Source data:
────────

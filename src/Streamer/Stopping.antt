-- ===== src/Streamer/Stopping.antt =====
-- internal/streamer/streamer.go: `Start`, once there is going to be a cause to stop.
use elastic_gpu_telemetry_pi.Common.{ℕ, ◌<◌, ◌≤◌, ◌≡◌, ◌⊎◌, true, false, none, some}
use elastic_gpu_telemetry_pi.Domain.{Message}
use elastic_gpu_telemetry_pi.Config.Bounds.{IsSize}
use elastic_gpu_telemetry_pi.Streamer.{Outside, Streamer}
use elastic_gpu_telemetry_pi.Streamer.Starting.{Signals, select_cause, Watched}

module _ {W E : Type 0} (outside : Outside W E) (signals : Signals W) (remaining : W → ℕ) where
  -- There is a cause to stop: a signal, a closed `shutdownCh`, or a context that is cancelled.
  abbrev pub HasCause : W → Type 0
  HasCause w =
      (signals.is_signalled w ≡ true)
      ⊎ ((signals.is_shut_down w ≡ true) ⊎ (outside.is_done w ≡ true))

  -- There is a cause to stop when nothing remains. Each wait for a positive time that is not interrupted
  -- takes some of what remains, and no step adds to it. A wait is interrupted only when the context is
  -- cancelled.
  pub record IsEnding : Type 0 where
    pub due : (w : W) → remaining w ≡ 0 → HasCause w
    pub publishes_on : (m : Message) (w : W) → remaining (outside.publishes m w).0 ≤ remaining w
    pub cancels_on : (w : W) → remaining (signals.cancels w) ≤ remaining w
    pub waits_on :
        (d : ℕ) (w : W)
        → IsSize d
        → (outside.waits d w).1 ≡ false
        → (remaining (outside.waits d w).0 < remaining w) ⊎ (remaining (outside.waits d w).0 ≡ 0)
    pub interrupted :
        (d : ℕ) (w : W)
        → (outside.waits d w).1 ≡ true
        → outside.is_done (outside.waits d w).0 ≡ true

  -- What is left of the run of the goroutine of `Start`: it took a case, or there was none.
  Watches : Watched outside signals → Watched outside signals → Type 0
  Watches (w, c) (t, none) = (t ≡ w) × (select_cause outside signals w ≡ none)
  Watches (w, c) (t, some c') = remaining t ≤ remaining w
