-- ===== src/Streamer/Tests.antt =====
-- Runs of the streamer at concrete inputs.
use elastic_gpu_telemetry_pi.Common.{
  ◌-◌, true, ℕ, Bool, ◌==◌, ◌≡◌, ◌≢◌, refl, Text, codes, Result, ok, err, List, [], ◌∷◌, false,
  arith,
}
use elastic_gpu_telemetry_pi.Domain.{Time, TelemetryRecord, Message, new_message, Gpu, empty}
use elastic_gpu_telemetry_pi.Config.{StreamerConfig}
use elastic_gpu_telemetry_pi.Queue.{Queue, new_queue, new_queue_of_size, send_message}
use elastic_gpu_telemetry_pi.Queue.Invariant.{new_queue-IsValid, send_message-IsValid}
use elastic_gpu_telemetry_pi.Streamer.{
  Streamer, refused, new_streamer, load_csv, get_record_count, stream_records, stream_loop, Outside,
  Ending, completed,
}
use elastic_gpu_telemetry_pi.Streamer.Command.{run_streamer, after_start}
use elastic_gpu_telemetry_pi.Commands.{failed_exit}
use elastic_gpu_telemetry_pi.Streamer.Backpressure.{cycles, stream_loop-Streams, Streams}
use elastic_gpu_telemetry_pi.HttpQueue.{HttpQueue, ClientError}
use elastic_gpu_telemetry_pi.Server.Publishing.{Service}
use elastic_gpu_telemetry_pi.Streamer.OverHttp.{
  IsFull, http_outside, service_outside, IsCarried, stream_records_of_IsFull,
}
use elastic_gpu_telemetry_pi.Streamer.Starting.{Signals, no_records, start}
use elastic_gpu_telemetry_pi.Streamer.Passes.{logged, stream_records-CarriesMore, CarriesMore}
use elastic_gpu_telemetry_pi.Streamer.OverMemory.{
  World, memory_outside, IsServing, log, load, memory_outside-IsRelieved,
}

abbrev reading : Text → TelemetryRecord
reading uuid = record {
  gpu_uuid = uuid;
  metric_name = codes "DCGM_FI_DEV_GPU_UTIL";
  value = codes "1";
  ingestion_time = 10;
  container = empty;
  pod = empty;
  namespace = empty;
  hostname = empty;
  model_name = empty;
  gpu_id = empty;
  device = empty;
}

abbrev readings : List TelemetryRecord
readings = reading (codes "GPU-1") ∷ reading (codes "GPU-2") ∷ reading (codes "GPU-3") ∷ []

abbrev config : StreamerConfig
config = record {
  csv_file_path = codes "f.csv";
  stream_interval = 5;
  instance_id = codes "s1";
  queue_service_url = codes "http://q";
}

abbrev identifier : Time → Text
identifier t = codes "id"

-- A queue with room for one message.
abbrev world : World
world = record { queue = new_queue 1; taken = []; time = 7 }

world-IsServing : IsServing world
unfolding new_queue new_queue_of_size
world-IsServing = record {
  valid = new_queue-IsValid 1;
  opened = refl;
  sized = omega arith;
  clocked = omega arith;
}

identifier_given : (t : Time) → identifier t ≢ empty
identifier_given t e = cc

stream_loop-Streams_example :
    Streams
      (memory_outside false identifier)
      IsServing
      log
      load
      1
      (memory_outside-IsRelieved false identifier identifier_given)
      config
      (cycles 2 readings)
      world
      (stream_loop (memory_outside false identifier) config 2 2 readings world)
stream_loop-Streams_example =
    stream_loop-Streams (memory_outside false identifier) IsServing log load 1
      (memory_outside-IsRelieved false identifier identifier_given) config 2 2 readings world
      world-IsServing (omega arith)

stream_records-CarriesMore_example :
    CarriesMore
      (memory_outside false identifier)
      config
      readings
      []
      (stream_records (logged (memory_outside false identifier)) config 2 readings (world, []))
stream_records-CarriesMore_example =
    stream_records-CarriesMore (memory_outside false identifier) config 2 readings (world, [])

abbrev parses : Text → Result Text (List TelemetryRecord × List Gpu)
parses text = ok (readings, [])

loaded :
    get_record_count (load_csv {O = Text} parses (ok (codes "csv")) (new_streamer config)).0 ≡ 3
unfolding get_record_count load_csv new_streamer
loaded = refl

-- No signal, and no request to stop.
abbrev undisturbed : Signals World
undisturbed = record { is_signalled = λ w. false; is_shut_down = λ w. false; cancels = λ w. w }

nothing_loaded :
    start (memory_outside false identifier) undisturbed (new_streamer config) 2 1 world
    ≡ (world, no_records)
unfolding start new_streamer
nothing_loaded = refl

-- The queue of the service has room for one message, and has it.
abbrev first_reading : TelemetryRecord
first_reading = reading (codes "GPU-1")

abbrev made : Message
made = new_message (codes "id") (record first_reading { ingestion_time = 7 }) (codes "s1") 7

abbrev full_queue : Queue
full_queue = (send_message false false made (new_queue 1)).0

full_queue-IsFull : IsFull full_queue
unfolding send_message new_queue new_queue_of_size
full_queue-IsFull = record {
  valid = send_message-IsValid false false made (new_queue 1) (new_queue-IsValid 1);
  opened = refl;
  full = omega arith;
}

abbrev decode : Text → Result Text Message
decode text = ok made

abbrev lost : ℕ → Bool
lost k = k == 1

abbrev client : HttpQueue
client = record { base_url = codes "http://q"; closed = false; consumer_id = codes "c" }

abbrev outside : Outside Service ClientError
outside =
    service_outside decode (λ a. []) lost client refl (λ m. codes "{}") (λ s. 7) identifier
      identifier_given config

first_reading-IsCarried :
    IsCarried decode
      (λ a. [])
      lost
      client
      refl
      (λ m. codes "{}")
      (λ s. 7)
      identifier
      identifier_given
      config
      first_reading
unfolding http_outside new_message
first_reading-IsCarried s = refl

stream_records_of_IsFull_example :
    let r : Service × Ending =
      stream_records outside config 1 (first_reading ∷ first_reading ∷ []) (full_queue, 0) in
    (r.1 ≡ completed) × (r.0.0 ≡ full_queue)
stream_records_of_IsFull_example =
    stream_records_of_IsFull decode (λ a. []) lost client refl (λ m. codes "{}") (λ s. 7) identifier
      identifier_given config 0 (first_reading ∷ first_reading ∷ []) (full_queue, 0)
      full_queue-IsFull (first_reading-IsCarried, (first_reading-IsCarried, tt))

unreadable :
    (run_streamer {O = Text} {F = Text}
      (memory_outside false identifier)
      undisturbed
      (λ w. w)
      parses
      (err (codes "no such file"))
      config
      2
      1
      world).1
    ≡ failed_exit
unfolding run_streamer load_csv new_streamer
unreadable = refl

abbrev parses_nothing : Text → Result Text (List TelemetryRecord × List Gpu)
parses_nothing text = ok ([], [])

no_rows :
    (run_streamer {O = Text}
      (memory_outside false identifier)
      undisturbed
      (λ w. w)
      parses_nothing
      (ok (codes "csv"))
      config
      2
      1
      world).1
    ≡ failed_exit
unfolding run_streamer load_csv new_streamer start after_start
no_rows = refl

-- A queue that is full until a signal comes, after a number of nanoseconds; the flag says that the
-- context is cancelled.
abbrev Countdown : Type 0
Countdown = ℕ × Bool

abbrev limited : Outside Countdown Text
limited = record {
  publishes = λ m w. (w, refused (codes "queue is full"));
  is_queue_full = λ e. true;
  is_done = λ w. w.1;
  waits = λ d w. ((w.0 - d, w.1), w.1);
  ingestion_now = λ w. 7;
  message_now = λ w. 7;
  new_id = λ w. codes "id";
}

abbrev interrupt : Signals Countdown
interrupt = record {
  is_signalled = λ w. w.0 == 0;
  is_shut_down = λ w. false;
  cancels = λ w. (w.0, true);
}

abbrev streamer : Streamer
streamer = record { config = config; records = readings; gpus = [] }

────────

§ **Your task**
From the records above, print only the lines between the one holding "(stream_loop (memory_outside false" and the one holding "stream_loop-Streams (memory_outside false", inclusive, exactly as they stand.

§ **Solved problem**
      (stream_loop (memory_outside false identifier) config 2 2 readings world)
stream_loop-Streams_example =
    stream_loop-Streams (memory_outside false identifier) IsServing log load 1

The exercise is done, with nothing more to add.